▶ [EXERCISE]:
While reading through the material below, copy each line that holds the word "refills".

▶ [DATA]:

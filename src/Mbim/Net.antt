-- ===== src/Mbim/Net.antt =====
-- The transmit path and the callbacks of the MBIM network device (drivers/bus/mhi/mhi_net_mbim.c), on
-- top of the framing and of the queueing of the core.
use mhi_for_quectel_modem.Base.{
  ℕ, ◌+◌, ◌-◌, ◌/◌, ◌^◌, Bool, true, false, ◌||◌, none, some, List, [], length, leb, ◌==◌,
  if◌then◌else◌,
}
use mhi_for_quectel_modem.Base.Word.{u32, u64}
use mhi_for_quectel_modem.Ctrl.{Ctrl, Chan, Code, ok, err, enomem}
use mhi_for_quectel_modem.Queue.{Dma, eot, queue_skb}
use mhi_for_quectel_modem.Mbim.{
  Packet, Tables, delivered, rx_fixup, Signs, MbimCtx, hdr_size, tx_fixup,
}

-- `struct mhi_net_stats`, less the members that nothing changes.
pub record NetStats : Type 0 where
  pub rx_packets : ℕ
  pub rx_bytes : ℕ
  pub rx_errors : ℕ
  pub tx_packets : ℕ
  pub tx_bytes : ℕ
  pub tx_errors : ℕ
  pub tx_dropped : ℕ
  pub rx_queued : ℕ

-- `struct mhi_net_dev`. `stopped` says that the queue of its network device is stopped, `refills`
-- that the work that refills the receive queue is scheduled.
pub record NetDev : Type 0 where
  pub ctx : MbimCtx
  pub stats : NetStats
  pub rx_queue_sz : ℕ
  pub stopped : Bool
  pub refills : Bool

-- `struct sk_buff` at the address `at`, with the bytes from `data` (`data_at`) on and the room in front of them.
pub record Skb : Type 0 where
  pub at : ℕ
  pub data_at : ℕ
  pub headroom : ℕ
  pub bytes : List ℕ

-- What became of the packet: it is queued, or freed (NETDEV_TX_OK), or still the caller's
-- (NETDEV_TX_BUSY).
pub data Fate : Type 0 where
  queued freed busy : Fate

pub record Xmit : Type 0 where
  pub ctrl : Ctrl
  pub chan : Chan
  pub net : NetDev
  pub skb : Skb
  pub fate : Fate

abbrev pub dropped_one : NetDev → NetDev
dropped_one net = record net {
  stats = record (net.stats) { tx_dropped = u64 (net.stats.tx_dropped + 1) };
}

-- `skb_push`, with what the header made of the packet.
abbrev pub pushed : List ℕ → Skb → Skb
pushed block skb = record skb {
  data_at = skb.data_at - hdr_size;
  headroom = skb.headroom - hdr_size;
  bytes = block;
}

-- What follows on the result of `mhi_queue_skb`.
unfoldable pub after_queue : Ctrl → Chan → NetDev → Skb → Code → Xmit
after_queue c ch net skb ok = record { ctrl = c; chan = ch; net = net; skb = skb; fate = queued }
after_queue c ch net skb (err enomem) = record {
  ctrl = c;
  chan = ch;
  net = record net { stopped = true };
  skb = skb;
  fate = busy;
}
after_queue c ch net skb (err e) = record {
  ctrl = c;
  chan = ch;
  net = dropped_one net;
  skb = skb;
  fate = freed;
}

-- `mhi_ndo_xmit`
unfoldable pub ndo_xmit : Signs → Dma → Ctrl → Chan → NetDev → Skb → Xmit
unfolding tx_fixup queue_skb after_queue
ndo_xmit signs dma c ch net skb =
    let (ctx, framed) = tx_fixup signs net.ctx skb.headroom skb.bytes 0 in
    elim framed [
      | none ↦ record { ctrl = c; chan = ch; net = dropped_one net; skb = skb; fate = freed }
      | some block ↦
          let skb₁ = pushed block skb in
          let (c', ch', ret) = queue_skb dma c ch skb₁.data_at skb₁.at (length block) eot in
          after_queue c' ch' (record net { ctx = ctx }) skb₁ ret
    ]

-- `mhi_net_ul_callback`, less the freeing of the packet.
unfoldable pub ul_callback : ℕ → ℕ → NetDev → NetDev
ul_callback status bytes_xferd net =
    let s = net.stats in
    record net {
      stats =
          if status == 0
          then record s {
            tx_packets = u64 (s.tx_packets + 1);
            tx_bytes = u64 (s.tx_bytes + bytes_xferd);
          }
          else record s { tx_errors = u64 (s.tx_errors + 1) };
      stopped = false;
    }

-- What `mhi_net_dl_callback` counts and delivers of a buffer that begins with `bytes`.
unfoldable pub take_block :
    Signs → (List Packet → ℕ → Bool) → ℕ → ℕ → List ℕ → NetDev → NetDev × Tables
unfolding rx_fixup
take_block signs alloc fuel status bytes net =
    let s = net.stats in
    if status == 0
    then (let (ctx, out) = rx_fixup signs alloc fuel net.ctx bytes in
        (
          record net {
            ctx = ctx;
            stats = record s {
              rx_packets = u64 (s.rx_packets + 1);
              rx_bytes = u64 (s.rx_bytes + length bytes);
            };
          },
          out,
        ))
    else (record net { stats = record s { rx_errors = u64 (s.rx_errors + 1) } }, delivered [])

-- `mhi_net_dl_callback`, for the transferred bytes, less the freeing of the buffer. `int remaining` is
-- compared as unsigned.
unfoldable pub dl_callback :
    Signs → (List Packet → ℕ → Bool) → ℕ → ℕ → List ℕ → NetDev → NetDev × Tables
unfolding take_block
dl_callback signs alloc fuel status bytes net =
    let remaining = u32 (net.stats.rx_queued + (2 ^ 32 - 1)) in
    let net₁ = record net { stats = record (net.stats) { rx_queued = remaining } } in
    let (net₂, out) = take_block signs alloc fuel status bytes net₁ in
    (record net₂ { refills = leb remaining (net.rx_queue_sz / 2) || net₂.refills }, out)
--
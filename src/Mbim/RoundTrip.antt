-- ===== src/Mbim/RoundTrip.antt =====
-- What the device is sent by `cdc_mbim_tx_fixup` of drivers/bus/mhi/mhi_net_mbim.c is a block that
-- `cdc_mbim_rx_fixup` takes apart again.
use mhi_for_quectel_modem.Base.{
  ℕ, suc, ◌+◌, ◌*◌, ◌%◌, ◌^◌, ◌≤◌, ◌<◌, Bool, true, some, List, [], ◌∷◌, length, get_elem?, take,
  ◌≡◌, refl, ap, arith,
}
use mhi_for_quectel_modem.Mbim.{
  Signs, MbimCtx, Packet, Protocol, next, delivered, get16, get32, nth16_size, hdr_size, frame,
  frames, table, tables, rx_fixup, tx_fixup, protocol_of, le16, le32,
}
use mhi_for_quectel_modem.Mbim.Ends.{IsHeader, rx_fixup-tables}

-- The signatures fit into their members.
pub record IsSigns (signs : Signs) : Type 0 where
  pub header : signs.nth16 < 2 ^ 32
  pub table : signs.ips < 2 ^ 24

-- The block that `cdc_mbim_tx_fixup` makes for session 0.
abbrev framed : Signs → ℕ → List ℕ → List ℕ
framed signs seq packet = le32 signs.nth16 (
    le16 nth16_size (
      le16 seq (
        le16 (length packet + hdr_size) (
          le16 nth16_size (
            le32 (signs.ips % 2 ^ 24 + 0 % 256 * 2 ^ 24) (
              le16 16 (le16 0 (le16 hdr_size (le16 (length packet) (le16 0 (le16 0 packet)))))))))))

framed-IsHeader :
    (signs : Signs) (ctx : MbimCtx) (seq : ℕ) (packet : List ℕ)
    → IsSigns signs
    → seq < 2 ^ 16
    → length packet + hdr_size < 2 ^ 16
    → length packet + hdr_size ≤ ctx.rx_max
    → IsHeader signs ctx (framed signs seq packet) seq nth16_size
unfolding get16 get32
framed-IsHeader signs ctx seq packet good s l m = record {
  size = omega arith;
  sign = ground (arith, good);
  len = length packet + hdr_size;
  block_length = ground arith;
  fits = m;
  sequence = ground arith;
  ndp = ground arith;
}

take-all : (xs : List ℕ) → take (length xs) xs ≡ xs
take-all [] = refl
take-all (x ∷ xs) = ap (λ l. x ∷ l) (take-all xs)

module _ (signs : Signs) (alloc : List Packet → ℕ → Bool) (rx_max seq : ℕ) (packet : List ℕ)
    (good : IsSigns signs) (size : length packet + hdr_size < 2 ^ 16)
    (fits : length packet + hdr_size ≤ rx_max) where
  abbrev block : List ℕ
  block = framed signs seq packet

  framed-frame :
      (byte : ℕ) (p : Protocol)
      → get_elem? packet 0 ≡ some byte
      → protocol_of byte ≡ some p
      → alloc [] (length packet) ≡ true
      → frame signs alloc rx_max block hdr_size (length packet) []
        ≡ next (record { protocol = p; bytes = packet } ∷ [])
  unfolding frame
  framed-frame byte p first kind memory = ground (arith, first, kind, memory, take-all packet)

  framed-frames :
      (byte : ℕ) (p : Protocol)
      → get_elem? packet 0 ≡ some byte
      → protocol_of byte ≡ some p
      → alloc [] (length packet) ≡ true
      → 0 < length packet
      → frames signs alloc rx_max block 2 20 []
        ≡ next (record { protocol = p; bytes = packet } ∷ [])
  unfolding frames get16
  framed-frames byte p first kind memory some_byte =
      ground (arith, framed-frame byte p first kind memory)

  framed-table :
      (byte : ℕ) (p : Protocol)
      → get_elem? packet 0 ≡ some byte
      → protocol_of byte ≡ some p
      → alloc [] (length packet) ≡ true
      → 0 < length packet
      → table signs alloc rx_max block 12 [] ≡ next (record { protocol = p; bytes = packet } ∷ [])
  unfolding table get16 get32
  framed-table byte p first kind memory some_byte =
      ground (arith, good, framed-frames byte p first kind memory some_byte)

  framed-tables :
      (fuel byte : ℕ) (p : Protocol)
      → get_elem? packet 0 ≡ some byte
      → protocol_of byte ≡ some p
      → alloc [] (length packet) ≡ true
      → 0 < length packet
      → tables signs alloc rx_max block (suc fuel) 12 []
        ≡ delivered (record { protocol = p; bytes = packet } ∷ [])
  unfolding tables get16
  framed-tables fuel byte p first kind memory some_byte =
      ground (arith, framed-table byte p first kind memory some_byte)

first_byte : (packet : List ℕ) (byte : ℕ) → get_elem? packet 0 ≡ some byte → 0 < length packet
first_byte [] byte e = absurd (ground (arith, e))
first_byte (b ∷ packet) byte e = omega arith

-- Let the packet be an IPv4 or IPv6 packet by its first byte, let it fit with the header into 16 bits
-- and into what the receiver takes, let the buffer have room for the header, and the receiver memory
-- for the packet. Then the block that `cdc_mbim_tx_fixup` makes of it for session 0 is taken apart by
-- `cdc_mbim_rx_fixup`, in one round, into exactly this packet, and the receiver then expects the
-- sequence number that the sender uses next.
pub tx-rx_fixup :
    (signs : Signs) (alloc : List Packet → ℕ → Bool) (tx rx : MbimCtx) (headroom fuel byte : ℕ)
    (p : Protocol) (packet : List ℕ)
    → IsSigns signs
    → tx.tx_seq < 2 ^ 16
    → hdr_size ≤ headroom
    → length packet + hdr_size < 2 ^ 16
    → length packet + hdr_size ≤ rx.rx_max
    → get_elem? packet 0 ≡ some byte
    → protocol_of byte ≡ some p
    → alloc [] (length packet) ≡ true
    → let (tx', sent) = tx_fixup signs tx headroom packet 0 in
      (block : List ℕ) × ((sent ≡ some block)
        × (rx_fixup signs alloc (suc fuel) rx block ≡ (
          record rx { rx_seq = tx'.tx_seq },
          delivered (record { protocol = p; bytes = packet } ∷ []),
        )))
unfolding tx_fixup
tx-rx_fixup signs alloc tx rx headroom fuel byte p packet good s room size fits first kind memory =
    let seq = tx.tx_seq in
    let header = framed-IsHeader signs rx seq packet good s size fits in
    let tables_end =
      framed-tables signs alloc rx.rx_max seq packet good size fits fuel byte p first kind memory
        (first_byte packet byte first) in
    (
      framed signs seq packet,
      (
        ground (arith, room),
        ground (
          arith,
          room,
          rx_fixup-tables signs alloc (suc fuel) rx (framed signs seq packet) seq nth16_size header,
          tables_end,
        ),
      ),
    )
...
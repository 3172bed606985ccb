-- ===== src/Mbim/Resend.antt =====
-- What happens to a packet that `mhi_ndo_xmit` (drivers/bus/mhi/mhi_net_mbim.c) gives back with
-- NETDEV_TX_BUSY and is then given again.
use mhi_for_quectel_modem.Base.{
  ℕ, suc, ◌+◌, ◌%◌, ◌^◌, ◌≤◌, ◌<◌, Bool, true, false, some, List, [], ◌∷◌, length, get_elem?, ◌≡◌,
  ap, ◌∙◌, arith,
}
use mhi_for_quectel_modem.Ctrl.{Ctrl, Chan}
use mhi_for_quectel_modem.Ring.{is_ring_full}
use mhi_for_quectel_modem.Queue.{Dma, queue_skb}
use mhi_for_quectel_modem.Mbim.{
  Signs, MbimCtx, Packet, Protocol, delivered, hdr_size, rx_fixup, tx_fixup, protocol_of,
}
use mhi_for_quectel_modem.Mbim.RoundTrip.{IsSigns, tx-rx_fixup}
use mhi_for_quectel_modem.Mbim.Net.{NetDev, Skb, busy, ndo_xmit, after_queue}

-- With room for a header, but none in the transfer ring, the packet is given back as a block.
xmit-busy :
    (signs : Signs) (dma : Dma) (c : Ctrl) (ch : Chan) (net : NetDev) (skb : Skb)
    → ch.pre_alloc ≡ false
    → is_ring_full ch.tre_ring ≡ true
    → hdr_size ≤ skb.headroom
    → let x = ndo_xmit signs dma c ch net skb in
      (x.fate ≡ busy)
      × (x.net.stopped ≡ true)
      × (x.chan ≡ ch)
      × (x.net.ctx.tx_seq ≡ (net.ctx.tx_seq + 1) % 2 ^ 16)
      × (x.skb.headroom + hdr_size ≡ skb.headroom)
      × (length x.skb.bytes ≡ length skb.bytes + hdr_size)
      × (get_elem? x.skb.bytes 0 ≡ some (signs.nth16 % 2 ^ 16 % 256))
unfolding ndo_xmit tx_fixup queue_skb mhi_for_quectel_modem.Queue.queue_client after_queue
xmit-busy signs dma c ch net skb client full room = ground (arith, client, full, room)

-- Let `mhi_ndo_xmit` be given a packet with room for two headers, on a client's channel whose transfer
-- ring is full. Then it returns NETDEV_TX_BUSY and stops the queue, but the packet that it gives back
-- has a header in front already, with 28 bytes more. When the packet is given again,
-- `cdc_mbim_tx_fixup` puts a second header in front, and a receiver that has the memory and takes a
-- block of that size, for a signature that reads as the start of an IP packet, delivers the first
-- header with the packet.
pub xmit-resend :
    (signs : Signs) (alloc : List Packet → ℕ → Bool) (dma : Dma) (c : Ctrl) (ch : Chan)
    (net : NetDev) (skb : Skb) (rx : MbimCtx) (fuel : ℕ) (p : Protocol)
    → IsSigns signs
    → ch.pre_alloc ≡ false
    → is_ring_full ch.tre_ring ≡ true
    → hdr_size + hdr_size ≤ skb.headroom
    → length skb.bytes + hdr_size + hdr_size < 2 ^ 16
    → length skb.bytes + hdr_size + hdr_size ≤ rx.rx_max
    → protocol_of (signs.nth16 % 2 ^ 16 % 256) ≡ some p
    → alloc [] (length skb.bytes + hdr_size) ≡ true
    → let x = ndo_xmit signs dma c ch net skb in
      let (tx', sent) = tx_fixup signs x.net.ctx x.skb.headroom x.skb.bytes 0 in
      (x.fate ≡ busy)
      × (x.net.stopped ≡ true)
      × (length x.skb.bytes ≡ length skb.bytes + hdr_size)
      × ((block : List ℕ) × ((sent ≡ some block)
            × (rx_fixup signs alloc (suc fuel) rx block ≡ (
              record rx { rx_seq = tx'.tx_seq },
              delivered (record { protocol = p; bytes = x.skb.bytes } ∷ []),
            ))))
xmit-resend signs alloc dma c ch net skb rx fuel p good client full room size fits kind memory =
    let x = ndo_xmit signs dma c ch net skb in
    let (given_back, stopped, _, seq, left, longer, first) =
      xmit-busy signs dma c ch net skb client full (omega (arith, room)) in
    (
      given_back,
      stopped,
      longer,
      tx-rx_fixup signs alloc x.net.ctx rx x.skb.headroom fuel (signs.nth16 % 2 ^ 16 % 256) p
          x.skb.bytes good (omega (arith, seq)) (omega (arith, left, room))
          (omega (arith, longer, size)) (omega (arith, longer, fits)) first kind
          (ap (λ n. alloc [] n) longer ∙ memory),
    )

▶ [WRITTEN SOLUTION]:
-- `struct mhi_net_dev`. `stopped` says that the queue of its network device is stopped, `refills`
-- that the work that refills the receive queue is scheduled.
  pub refills : Bool
    (record net₂ { refills = leb remaining (net.rx_queue_sz / 2) || net₂.refills }, out)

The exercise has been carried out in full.